Скрупулезность памяти, 1941
КАК ПЕРВЫЙ дедушкин оргазм предназначался не для Зоши, так и бомбы, которые его спровоцировали, предназначались не для Трахимброда, а для цели где-то в Ровенских холмах. Пройдет еще девять месяцев (как ни странно, именно в День Трахима), прежде чем сам штетл станет объектом прямой атаки нацистов. Но в ту ночь воды Брод рвались на берег с таким неистовством, будто война началась, и ветер доносил до ушей раскаты взрывов, и жители штетла трепетали, как если бы их тела были живыми мишенями. С той минуты — 9:28 вечера 18 июня 1941 года — все изменилось.
В Дымках Ардишта сигареты теперь курили задом наперед, обхватывая губами тлеющий конец вместо фильтра, чтобы их нельзя было заметить издалека.
В цыганском таборе свернули шатры, разобрали крытые соломой хибары и стали жить без прикрытия, стелясь по земле, как человеческий мох.
В Трахимброде же всех охватила необъснимая вялость. Граждане, некогда перетрогавшие столько разных вещей, что невозможно было установить, к чему они не притрагивались, теперь сидели сложа руки. Деловитость уступила место раздумьям. Воспоминаниям. Любая вещь каждому о чем-нибудь напоминала, что поначалу казалось трогательным (как запах догоревшей спички пробуждает память о первых днях рождения, а вспотевшая ладонь — о первом поцелуе), но быстро стало губительным. Воспоминания рождали воспоминания, которые рождали воспоминания. Поселяне сделались живым воплощением мифа, который им столько раз рассказывали: как сумасшедший Софьевка обвязал себя узелками, чтобы, пользуясь одним воспоминанием, вспомнить другое, но запутался в их последовательности и, сколько ни старался, так и не вспомнил, где начало, а где конец.

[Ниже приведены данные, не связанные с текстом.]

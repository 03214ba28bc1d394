-- ===== src/Api.antt =====
-- The way of a request: internal/radius/http_router.go (the routes), internal/internalsecret (the
-- token), internal/runtime/http.go (the envelope) and internal/radiusctl/client.go (the client).
pub mod Client
pub mod Json
pub mod Reached
use radius_go.Base.{
  ℕ, ◌+◌, Bool, true, false, ◌&&◌, ◌||◌, not, Option, none, some, List, [], ◌∷◌, ◌==◌, leb,
  if◌then◌else◌,
}
use radius_go.Base.Text.{Str, codes, is_empty, str_eq}

-- The two headers; a header that is missing is the empty string.
pub record Headers : Type 0 where
  pub authorization : Str
  pub x_internal_secret : Str

-- `strings.Cut(s, " ")`
unfoldable pub cut_space : Str → Option (Str × Str)
cut_space [] = none
cut_space (c ∷ s) =
    let rest = cut_space s in
    if c == b' '
    then some ([], s)
    else elim rest [ none ↦ none | some (before, after) ↦ some (c ∷ before, after) ]

abbrev pub lower : ℕ → ℕ
lower c = if leb b'A' c && leb c b'Z' then c + 32 else c

-- `strings.EqualFold(s, "Bearer")`: no letter outside ASCII folds to one of these.
unfoldable pub equal_fold : Str → Str → Bool
equal_fold [] [] = true
equal_fold [] (d ∷ t) = false
equal_fold (c ∷ s) [] = false
equal_fold (c ∷ s) (d ∷ t) = (lower c == lower d) && equal_fold s t

unfoldable pub extract_token : Headers → Str
extract_token h = elim (cut_space h.authorization) [
  | none ↦ h.x_internal_secret
  | some (scheme, token) ↦ if equal_fold scheme (codes "Bearer") then token else h.x_internal_secret
]

pub data Method : Type 0 where
  get post put delete : Method

abbrev pub same_method : Method → Method → Bool
same_method get get = true
same_method post post = true
same_method put put = true
same_method delete delete = true
same_method _ _ = false

-- The handlers that are registered.
pub data Route : Type 0 where
  status list_nas create_nas update_nas delete_nas : Route
  list_subscribers create_subscriber update_subscriber delete_subscriber : Route
  list_sessions disconnect_user coa_change session_cleanup session_reconcile : Route
  list_voucher_packages create_voucher_package update_voucher_package : Route
  delete_voucher_package : Route
  list_pppoe_profiles create_pppoe_profile get_pppoe_profile update_pppoe_profile : Route
  delete_pppoe_profile : Route
  list_vouchers generate_vouchers voucher_balance : Route

-- A segment of a registered path: a text, or a parameter (`:id`, `:code`).
pub data Segment : Type 0 where
  lit : Str → Segment
  param : Segment

-- The segments of a path between its slashes.
abbrev pub onto_first : ℕ → List Str → List Str
onto_first c [] = (c ∷ []) ∷ []
onto_first c (p ∷ ps) = (c ∷ p) ∷ ps

unfoldable pub split_path : Str → List Str
split_path [] = [] ∷ []
split_path (c ∷ s) = let rest = split_path s in if c == b'/' then [] ∷ rest else onto_first c rest

-- The parameter of a path that has the segments; a parameter is not empty.
unfoldable pub match_path : List Segment → List Str → Str → Option Str
match_path [] [] found = some found
match_path [] (p ∷ ps) found = none
match_path (s ∷ ss) [] found = none
match_path (lit t ∷ ss) (p ∷ ps) found = if str_eq t p then match_path ss ps found else none
match_path (param ∷ ss) (p ∷ ps) found = if is_empty p then none else match_path ss ps p

abbrev pub Table : Type 0
Table = List (Method × List Segment × Route)

abbrev pub radius_path : List Segment → List Segment
radius_path more = lit [] ∷ lit (codes "api") ∷ lit (codes "v1") ∷ lit (codes "radius") ∷ more

abbrev pub api_path : List Segment → List Segment
api_path more = lit [] ∷ lit (codes "api") ∷ lit (codes "v1") ∷ more

-- RegisterHTTPHandlers: every route is behind the middleware that asks for the secret.
abbrev pub routes : Table
routes =
    (get, radius_path (lit (codes "status") ∷ []), status)
    ∷ (get, radius_path (lit (codes "nases") ∷ []), list_nas)
    ∷ (post, radius_path (lit (codes "nases") ∷ []), create_nas)
    ∷ (put, radius_path (lit (codes "nases") ∷ param ∷ []), update_nas)
    ∷ (delete, radius_path (lit (codes "nases") ∷ param ∷ []), delete_nas)
    ∷ (get, radius_path (lit (codes "subscribers") ∷ []), list_subscribers)
    ∷ (post, radius_path (lit (codes "subscribers") ∷ []), create_subscriber)
    ∷ (put, radius_path (lit (codes "subscribers") ∷ param ∷ []), update_subscriber)
    ∷ (delete, radius_path (lit (codes "subscribers") ∷ param ∷ []), delete_subscriber)
    ∷ (get, radius_path (lit (codes "sessions") ∷ []), list_sessions)
    ∷ (post, radius_path (lit (codes "sessions") ∷ lit (codes "disconnect") ∷ []), disconnect_user)
    ∷ (post, radius_path (lit (codes "subscribers") ∷ lit (codes "coa-change") ∷ []), coa_change)
    ∷ (post, radius_path (lit (codes "sessions") ∷ lit (codes "cleanup") ∷ []), session_cleanup)
    ∷ (post, radius_path (lit (codes "sessions") ∷ lit (codes "reconcile") ∷ []), session_reconcile)
    ∷ (get, api_path (lit (codes "voucher-packages") ∷ []), list_voucher_packages)
    ∷ (post, api_path (lit (codes "voucher-packages") ∷ []), create_voucher_package)
    ∷ (put, api_path (lit (codes "voucher-packages") ∷ param ∷ []), update_voucher_package)
    ∷ (delete, api_path (lit (codes "voucher-packages") ∷ param ∷ []), delete_voucher_package)
    ∷ (get, api_path (lit (codes "pppoe-profiles") ∷ []), list_pppoe_profiles)
    ∷ (post, api_path (lit (codes "pppoe-profiles") ∷ []), create_pppoe_profile)
    ∷ (get, api_path (lit (codes "pppoe-profiles") ∷ param ∷ []), get_pppoe_profile)
    ∷ (put, api_path (lit (codes "pppoe-profiles") ∷ param ∷ []), update_pppoe_profile)
    ∷ (delete, api_path (lit (codes "pppoe-profiles") ∷ param ∷ []), delete_pppoe_profile)
    ∷ (get, api_path (lit (codes "vouchers") ∷ []), list_vouchers)
    ∷ (post, api_path (lit (codes "vouchers") ∷ lit (codes "generate") ∷ []), generate_vouchers)
    ∷ (get, api_path (lit (codes "vouchers") ∷ param ∷ lit (codes "balance") ∷ []), voucher_balance)
    ∷ []

-- The routes of a method that a path has the segments of, with the parameter.
unfoldable pub matches : Table → Method → List Str → List (Route × Str)
unfolding match_path
matches [] m path = []
matches ((n, segments, r) ∷ more) m path =
    let rest = matches more m path in
    if same_method n m
    then elim (match_path segments path []) [ none ↦ rest | some found ↦ (r, found) ∷ rest ]
    else rest

-- echo: the handler of a method and a path among those that were registered, and the parameter.
abbrev pub Router : Type 0
Router = Table → Method → Str → Option (Route × Str)

-- A management request: refused by the middleware, unknown, or handed to a handler with the
-- parameter of its path.
pub data Reaction : Type 0 where
  unauthorized unrouted : Reaction
  handled : Route → Str → Reaction

unfoldable pub dispatch : Router → Str → Headers → Method → Str → Reaction
unfolding extract_token
dispatch router secret h m path = elim (router routes m path) [
  | none ↦ unrouted
  | some (r, found) ↦ if str_eq (extract_token h) secret then handled r found else unauthorized
]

В попытке разобраться в хаосе воспоминаний мужчины чертили схемы (которые были не чем иным, как воспоминаниями о генеалогических деревьях). Они попробовали двигаться по цепочке назад, подобно Тезею в поисках выхода из лабиринта, но зарывались все глубже, дальше.
Женщинам было еще тяжелее. Не имея возможности утолить зуд памяти в синагоге или на рабочем месте, они были вынуждены страдать поодиночке — над противнями и кипами стираного белья. Некому было помочь им в поисках начал, не у кого было спросить, что общего между зернистой жижей протертой малины и ожогом или почему крики резвящихся в реке детей заставляют их сердца обрываться и уходить в пятки. Память, которая обычно заполняла собой время, теперь превращала его в пустоту, требовавшую заполнения. Каждая секунда была дистанцией, которую надо было пройти, проползти. От одного часа до другого пролегала целая вечность. Завтра терялось за горизонтом: чтобы добраться до него, требовались целые сутки.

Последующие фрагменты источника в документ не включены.